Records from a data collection
- - - - - - -

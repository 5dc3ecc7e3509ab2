-- ===== src/Likwid.antt =====
-- src/xbatd/src/CLikwidPerfctr.{hpp,cpp}: what is prepared for the measurement. What likwid answers and
-- what the JSON library reads from metrics.json are arguments. AddHPMThread is called nowhere.
pub mod Results
pub mod Sets
pub mod Loop
pub mod Preparation
pub mod Budget
pub mod Stamps
use xbat_ginkgo.Base.{
  ℕ, ◌-◌, Bool, true, false, not, List, [], ◌∷◌, ◌++◌, Option, none, some, Bytes, codes,
  if◌then◌else◌,
}
use xbat_ginkgo.Base.Int.{ℤ, pos}
use xbat_ginkgo.Base.Maps.{Map, insert, bytes_key, bytes_eq}
use xbat_ginkgo.Base.Outcome.{Outcome, done, fails, faults, or_fail, ◌>>=◌}

-- metricMeta of CDataCollectionBase.hpp
pub record MetricMeta : Type 0 where
  pub label : Bytes
  pub scale : ℤ
  pub level : Bytes

-- The object of a metric in metrics.json; `none` is a member that is missing.
pub record MetricDetails : Type 0 where
  pub name : Option Bytes
  pub scale : Option ℤ
  pub level : Option Bytes

abbrev or_else {ℓ} : {A : Type ℓ} → A → Option A → A
or_else a none = a
or_else a (some b) = b

unfoldable pub metric_meta : Bytes → MetricDetails → MetricMeta
metric_meta name_raw details = record {
  label = codes "likwid_" ++ or_else name_raw details.name;
  scale = or_else (pos 1) details.scale;
  level = or_else [] details.level;
}

-- The members of one set, and of the whole file.
unfoldable pub parse_set :
    List (Bytes × MetricDetails) → Map Bytes MetricMeta → Map Bytes MetricMeta
unfolding metric_meta
parse_set [] mapping = mapping
parse_set ((name_raw, details) ∷ members) mapping =
    parse_set members (insert name_raw (metric_meta name_raw details) mapping)

abbrev pub Metrics : Type 0
Metrics = Map Bytes (Map Bytes MetricMeta)

unfoldable pub parse_sets : List (Bytes × List (Bytes × MetricDetails)) → Metrics → Metrics
unfolding parse_set
parse_sets [] metrics = metrics
parse_sets ((set_name, members) ∷ sets) metrics =
    parse_sets sets (insert set_name (parse_set members []) metrics)

-- A file that is missing or no JSON throws, and nothing catches that: `none`.
unfoldable pub parse_metrics :
    Option (List (Bytes × List (Bytes × MetricDetails))) → Outcome Metrics
unfolding parse_sets
parse_metrics none = faults
parse_metrics (some sets) = done (parse_sets sets [])

abbrev pub default_sets : List Bytes
default_sets =
    codes "BRANCH"
    ∷ codes "CYCLE_ACTIVITY"
    ∷ codes "CYCLE_STALLS"
    ∷ codes "DATA"
    ∷ codes "ENERGY"
    ∷ codes "FLOPS_SP"
    ∷ codes "FLOPS_DP"
    ∷ codes "HBM"
    ∷ codes "ICACHE"
    ∷ codes "L2CACHE"
    ∷ codes "L2"
    ∷ codes "L3CACHE"
    ∷ codes "L3"
    ∷ codes "MEM"
    ∷ codes "MEM1"
    ∷ codes "MEM2"
    ∷ codes "MEMREAD"
    ∷ codes "MEMWRITE"
    ∷ codes "UPI"
    ∷ []

-- `perfmon_getGroups`: `none` is an error, which leaves the list of the groups empty; a group can be a
-- null pointer.
unfoldable pub get_available_groups : Option (List (Option Bytes)) → List Bytes
get_available_groups none = []
get_available_groups (some []) = []
get_available_groups (some (none ∷ groups)) = get_available_groups (some groups)
get_available_groups (some (some g ∷ groups)) = g ∷ get_available_groups (some groups)

-- `std::find`
unfoldable pub contains : Bytes → List Bytes → Bool
contains set [] = false
contains set (s ∷ sets) = if bytes_eq s set then true else contains set sets

-- `set_list.erase(std::remove(...))`
unfoldable pub remove : Bytes → List Bytes → List Bytes
remove set [] = []
remove set (s ∷ sets) = if bytes_eq s set then remove set sets else s ∷ remove set sets

-- The loop over the copy of the sets.
unfoldable pub keep_available : List Bytes → List Bytes → List Bytes → List Bytes
unfolding contains remove
keep_available available [] set_list = set_list
keep_available available (set ∷ sets) set_list =
    keep_available available sets (if contains set available then set_list else remove set set_list)

-- The event sets added in turn; `none` is a negative id.
unfoldable pub add_event_sets : (Bytes → Option ℕ) → List Bytes → Outcome (List ℕ)
add_event_sets add_set [] = done []
add_event_sets add_set (set ∷ sets) = do
  gid ← or_fail (add_set set)
  gids ← add_event_sets add_set sets
  done (gid ∷ gids)

-- One hardware thread of likwid's pool: whether it is in the set of CPUs, and its id.
abbrev pub in_cpu_set : List (Bool × ℕ) → List ℕ
in_cpu_set [] = []
in_cpu_set ((true, apic_id) ∷ pool) = apic_id ∷ in_cpu_set pool
in_cpu_set ((false, apic_id) ∷ pool) = in_cpu_set pool

-- What likwid answers to the preparation.
pub record Answers : Type 0 where
  pub topology_init : Bool
  pub thread_pool : List (Bool × ℕ)
  pub hpm_init : Bool
  pub perfmon_init : List ℕ → Bool
  pub groups : Option (List (Option Bytes))
  pub add_event_set : Bytes → Option ℕ

-- The members `cpus`, `set_list` and `gids` after the preparation.
pub record Prepared : Type 0 where
  pub cpus : List ℕ
  pub set_list : List Bytes
  pub gids : List ℕ

unfoldable pub add_sets : (Bytes → Option ℕ) → List ℕ → List Bytes → Outcome Prepared
unfolding add_event_sets
add_sets add_set cpus [] = fails
add_sets add_set cpus (set ∷ sets) = do
  gids ← add_event_sets add_set (set ∷ sets)
  done (record { cpus = cpus; set_list = set ∷ sets; gids = gids })

unfoldable pub prepare_measurements : Answers → Outcome Prepared
unfolding get_available_groups keep_available add_sets
prepare_measurements likwid =
    let cpus = in_cpu_set likwid.thread_pool in
    let sets = keep_available (get_available_groups likwid.groups) default_sets default_sets in
    if not likwid.topology_init
    then fails
    else if not likwid.hpm_init
    then fails
    else if not (likwid.perfmon_init cpus)
    then fails
    else add_sets likwid.add_event_set cpus sets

- - - - - - -

§ **What you should do**: Read through the entries, then copy every line where the string "faults" is found.

§ **Result of this exercise**:
use xbat_ginkgo.Base.Outcome.{Outcome, done, fails, faults, or_fail, ◌>>=◌}
parse_metrics none = faults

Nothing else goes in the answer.